Epilog: The Meaning of Purpose

To spare humankind the hell of a technocratic, fundamentalist hive, humanism needs to mount a postmodern revolutiona revolution that rejects the alienation of a plotless history. The star larvae hypothesis lays the foundation for such an essential revolution.



Think you're Bright? Rise and Shine at http://starlarvae.blogspot.com/


The scientific innovation known as complexity theory proposes that, when conditions are right, matter and energy spontaneously self-organize into complex systems. The process is ubiquitous; it is credited with producing everything from biological cells and industrial economies to planetary biospheres and spiral galaxies. All of these complex phenomena exhibit spontaneous self organization.

For better or worse, this model of nature exorcises uniqueness from biological life. It relegates biology to an undistinguished place in the broad class of complex phenomena. It makes "being alive" a suspect or wholly generic category.

Nonetheless, most complexity theorists probably would disavow the notion that the Milky Way galaxy, for example, lives—even though, like a biological organism, its dynamic stability is a product of spontaneous self-organization.

So, when is a complex system alive and when isn't it?

Are stars alive? Astronomers tell us that stars are born—metaphorically. But what distinguishes a metaphorical from a literal stellar birth? By wrapping living organisms into the broad category of complex systems, complexity theory challenges science to re-categorize biological processes. They might be particular expressions, via protoplasm, of universal processes that operate outside of biology as well as within it. There's no a priori reason to suppose that anything at all is essentially unique about biology.

If a subset, such as biology, of the broad class of complex systems, behaves in a certain way, it raises the question as to whether the whole class behaves in that or some analogous way. The underlying premise of complexity theory is that complex systems are as alike in their governing principles as they can be diverse in their constituent materials.
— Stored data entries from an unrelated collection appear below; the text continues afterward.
-- ===== src/Cli/Login/Accounts.antt =====
-- What a login leaves in the configuration file, and what the daemon makes of it.
use stdiod.Base.{
  String, Bool, false, ◌≡◌, refl, ◌∙◌, ap, subst, inl, inr, Option, none, some, List, ok,
  Result-cases, bind-inv, map_err-inv, or_fail-inv, arith, or_fail, map_err,
}
use stdiod.Base.Text.{is_blank}
use stdiod.Config.{
  PersistedConfig, Machine, load_from, nonempty, usable_credential, choose_credential,
}
use stdiod.Config.Backend.{
  Url, ensure_installable, normalize_backend_url, check_binding, same_backend,
}
use stdiod.DaemonAuth.Installed.{Runs, ensure_installable-Runs}
use stdiod.Auth.{
  AuthError, DeviceCodeResponse, DeviceTokenResponse, Pkce, validate_token, generate, initiate,
  protocol,
}
use stdiod.Auth
use stdiod.Auth.Poll.{poll}
use stdiod.Auth.Deadline.{poll-validate_token}
use stdiod.Cli.Login.{
  LoginArgs, Login, Host, account_changed, authorized_config, start_authorization, poll_token,
  finish_login, wait_login, device_login, login_with, run, save_login, chosen_backend,
  try_open_browser, poll_unfinished,
}

-- A token that was accepted has what the daemon needs.
record IsUsable (token : DeviceTokenResponse) : Type 0 where
  pub access : is_blank token.access_token ≡ false
  pub installation : is_blank token.client_installation_id ≡ false
  pub device : is_blank token.device_id ≡ false

validate_token-IsUsable :
    (token : DeviceTokenResponse) → validate_token token ≡ ok tt → IsUsable token
unfolding validate_token
validate_token-IsUsable token valid = record {
  access = ground arith;
  installation = ground arith;
  device = ground arith;
}

backend_not_blank :
    (parse : String → Option Url) (backend base : String)
    → parse "" ≡ none
    → normalize_backend_url parse backend ≡ ok base
    → is_blank backend ≡ false
unfolding normalize_backend_url
backend_not_blank parse String.[] base empty known = cc
backend_not_blank parse (String.◌∷◌ c s) base empty known = refl

authorized_config-ensure_installable :
    (parse : String → Option Url) (c : PersistedConfig) (backend base : String) (changed : Bool)
    (token : DeviceTokenResponse) (args : LoginArgs)
    → parse "" ≡ none
    → normalize_backend_url parse backend ≡ ok base
    → validate_token token ≡ ok tt
    → ensure_installable parse (authorized_config c backend changed token args) ≡ ok tt
unfolding authorized_config ensure_installable usable_credential choose_credential nonempty
    check_binding
authorized_config-ensure_installable parse c backend base changed token args empty known valid =
    let u = validate_token-IsUsable token valid in
    rw (backend_not_blank parse backend base empty known, known, u.access, u.installation, u.device)
      refl

poll_token-validate_token :
    (parse : String → Option Url) (host : Host) (pkce : Pkce) (base : String)
    (answer : DeviceCodeResponse) (token : DeviceTokenResponse)
    → poll_token parse host pkce base answer ≡ ok token
    → validate_token token ≡ ok tt
unfolding poll_token
poll_token-validate_token parse host pkce base answer token e =
    let (p, polled, got) =
      bind-inv
        (or_fail (poll host.decoders host.world base host.latest host.now answer pkce.verifier)
          poll_unfinished)
        _ token e in
    (poll-validate_token host.decoders host.world base host.latest host.now answer pkce.verifier p
      token (or_fail-inv _ _ p polled) (map_err-inv _ _ token got)).0

-- A login by authorization that succeeded went to its end with an accepted token.
record IsFinished (parse : String → Option Url) (host : Host) (args : LoginArgs)
    (c : PersistedConfig) (backend : String) (same_issuer : Bool) (l : Login) : Type 0 where
  pub token : DeviceTokenResponse
  pub base : String
  pub opened : List String
  pub valid : validate_token token ≡ ok tt
  pub known : normalize_backend_url parse backend ≡ ok base
  pub ending : l ≡ finish_login parse host c backend same_issuer args opened token

started_base :
    (parse : String → Option Url) (host : Host) (c : PersistedConfig) (backend : String)
    (same_issuer : Bool) (args : LoginArgs) (started : Pkce × String × DeviceCodeResponse)
    → start_authorization parse host c backend same_issuer args ≡ ok started
    → (base : String) × (normalize_backend_url parse backend ≡ ok base)
unfolding start_authorization Auth.new
started_base parse host c backend same_issuer args started e =
    let (pkce, _, f) = bind-inv (generate host.random host.sha256) _ started e in
    let (base, known, _) =
      bind-inv
        (map_err (λ _. protocol "backend URL was invalid") (normalize_backend_url parse backend)) _
        started f in
    (base, map_err-inv _ _ base known)

module _ (parse : String → Option Url) (host : Host) (args : LoginArgs) (c : PersistedConfig)
    (backend : String) (same_issuer : Bool) where
  wait_login-IsFinished :
      (pkce : Pkce) (at base : String) (answer : DeviceCodeResponse)
      → normalize_backend_url parse backend ≡ ok base
      → let l = wait_login parse host c backend same_issuer args (pkce, at, answer) in
        l.result ≡ ok tt → IsFinished parse host args c backend same_issuer l
  unfolding wait_login
  wait_login-IsFinished pkce at base answer known =
      elim (Result-cases
        (try_open_browser parse answer.verification_uri_complete args.no_open host.open_browser)) [
          | inr (e, bad) ↦ rw (bad, wait_login) (λ done. cc)
          | inl ((shown, opened), fine) ↦
              rw (fine, wait_login)
                elim (Result-cases (poll_token parse host pkce at answer)) [
                  | inr (e, bad) ↦ rw bad (λ done. cc)
                  | inl (token, polled) ↦ rw polled (λ done. record {
                    token = token;
                    base = base;
                    opened = opened;
                    valid = poll_token-validate_token parse host pkce at answer token polled;
                    known = known;
                    ending = refl;
                  })
                ]
        ]

  device_login-IsFinished :
      let l = device_login parse host c backend same_issuer args in
      l.result ≡ ok tt → IsFinished parse host args c backend same_issuer l
  unfolding device_login
  device_login-IsFinished =
      elim (Result-cases (start_authorization parse host c backend same_issuer args)) [
        | inr (e, bad) ↦ rw (bad, device_login) (λ done. cc)
        | inl ((pkce, at, answer), fine) ↦
            rw (fine, device_login)
              (wait_login-IsFinished pkce at _ answer
                (started_base parse host c backend same_issuer args _ fine).1)
      ]

-- A login that succeeded loaded a configuration and chose a backend.
record IsRun (parse : String → Option Url) (host : Host) (args : LoginArgs) (l : Login)
    : Type 0 where
  pub loaded : PersistedConfig
  pub backend : String
  pub loads : load_from host.path host.file ≡ ok loaded
  pub chooses : chosen_backend parse args loaded ≡ ok backend
  pub continues : l ≡ login_with parse host args.api_key args loaded backend

module _ (parse : String → Option Url) (host : Host) (args : LoginArgs) where
  run-IsRun : (run parse host args).result ≡ ok tt → IsRun parse host args (run parse host args)
  unfolding run
  run-IsRun = elim (Result-cases (load_from host.path host.file)) [
    | inr (e, bad) ↦ rw (bad, run) (λ done. cc)
    | inl (c, loads) ↦
        rw (loads, run)
          elim (Result-cases (chosen_backend parse args c)) [
            | inr (e, bad) ↦ rw bad (λ done. cc)
            | inl (backend, chooses) ↦ rw chooses (λ done. record {
              loaded = c;
              backend = backend;
              loads = loads;
              chooses = chooses;
              continues = refl;
            })
          ]
  ]

  -- The configuration that a finished login saved, when saving succeeded.
  finish_login-saved :
      (c : PersistedConfig) (backend : String) (same_issuer : Bool) (opened : List String)
      (token : DeviceTokenResponse)
      → let l = finish_login parse host c backend same_issuer args opened token in
        l.result ≡ ok tt
        → l.saved
          ≡ some (authorized_config c backend (account_changed c same_issuer token) token args)
  unfolding finish_login save_login
  finish_login-saved c backend same_issuer opened token = ground arith

  device_login-Runs :
      (machine : Machine) (c : PersistedConfig) (backend : String)
      → parse "" ≡ none
      → let same = same_backend parse c.backend_url backend in
        let l = device_login parse host c backend same args in
        l.result ≡ ok tt
        → (saved : PersistedConfig) × (l.saved ≡ some saved) × Runs parse machine saved
  device_login-Runs machine c backend empty done =
      let same = same_backend parse c.backend_url backend in
      let f = device_login-IsFinished parse host args c backend same done in
      let ended = subst (λ l. l.result ≡ ok tt) f.ending done in
      let changed = account_changed c same f.token in
      (
        authorized_config c backend changed f.token args,
        ap (λ l. l.saved) f.ending ∙ finish_login-saved c backend same f.opened f.token ended,
        ensure_installable-Runs parse machine _ (
            authorized_config-ensure_installable parse c backend f.base changed f.token args empty
              f.known f.valid),
      )

  -- A login by authorization that reports success saved a configuration with which the daemon,
  -- started without arguments, connects to the backend of that configuration with its credential.
  -- The parser of URLs is assumed to reject the empty text.
  pub run-Runs :
      (machine : Machine)
      → parse "" ≡ none
      → args.api_key ≡ none
      → (run parse host args).result ≡ ok tt
      → (saved : PersistedConfig) × ((run parse host args).saved ≡ some saved)
        × Runs parse machine saved
  unfolding login_with
  run-Runs machine empty asks done =
      let r = run-IsRun done in
      let step : run parse host args ≡ login_with parse host none args r.loaded r.backend =
        r.continues ∙ ap (λ key. login_with parse host key args r.loaded r.backend) asks in
      let (saved, e, runs) =
        device_login-Runs machine r.loaded r.backend empty
          (subst (λ l. l.result ≡ ok tt) step done) in
      (saved, ap (λ l. l.saved) step ∙ e, runs)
Consequently, one type of complex system managing its affairs in a particular way suggests that other complex systems might manage their affairs in corresponding ways, owing to their shared principles of governance. If birds do it, and bees do it, then, according to complexity theory, galaxies and solar systems might do it, too.

"These assumptions are based upon what seems to me to be an overwhelming confrontation of our experience by a comprehensive intellect magnificently greater than our own or the sum of all human intellects which has everywhere and everywhen anticipatorily conceived of the complex generalized, fundamental principles which all together interact as universe."

R. Buckminster Fuller
No More Secondhand God

Among the biological processes potentially applicable to nonbiological complex systems, ontogeny promises to be the most troubling for science. This is because ontogeny invites to the party that persona non grata of science, teleology. If ontogeny is a general attribute of complex systems, admittedly a big "if", then complex systems can be regarded as conforming to teleological principles. At first blush, the teleological dimension of the star larvae hypothesis would seem to position it outside of the metaphysical framework of normal science, and, therefore, within the purview of science, the hypothesis would seem to be a non sequitor. But because science accepts the natural teleology of ontogeny, it cannot dismiss the hypothesis on account of its teleological basis.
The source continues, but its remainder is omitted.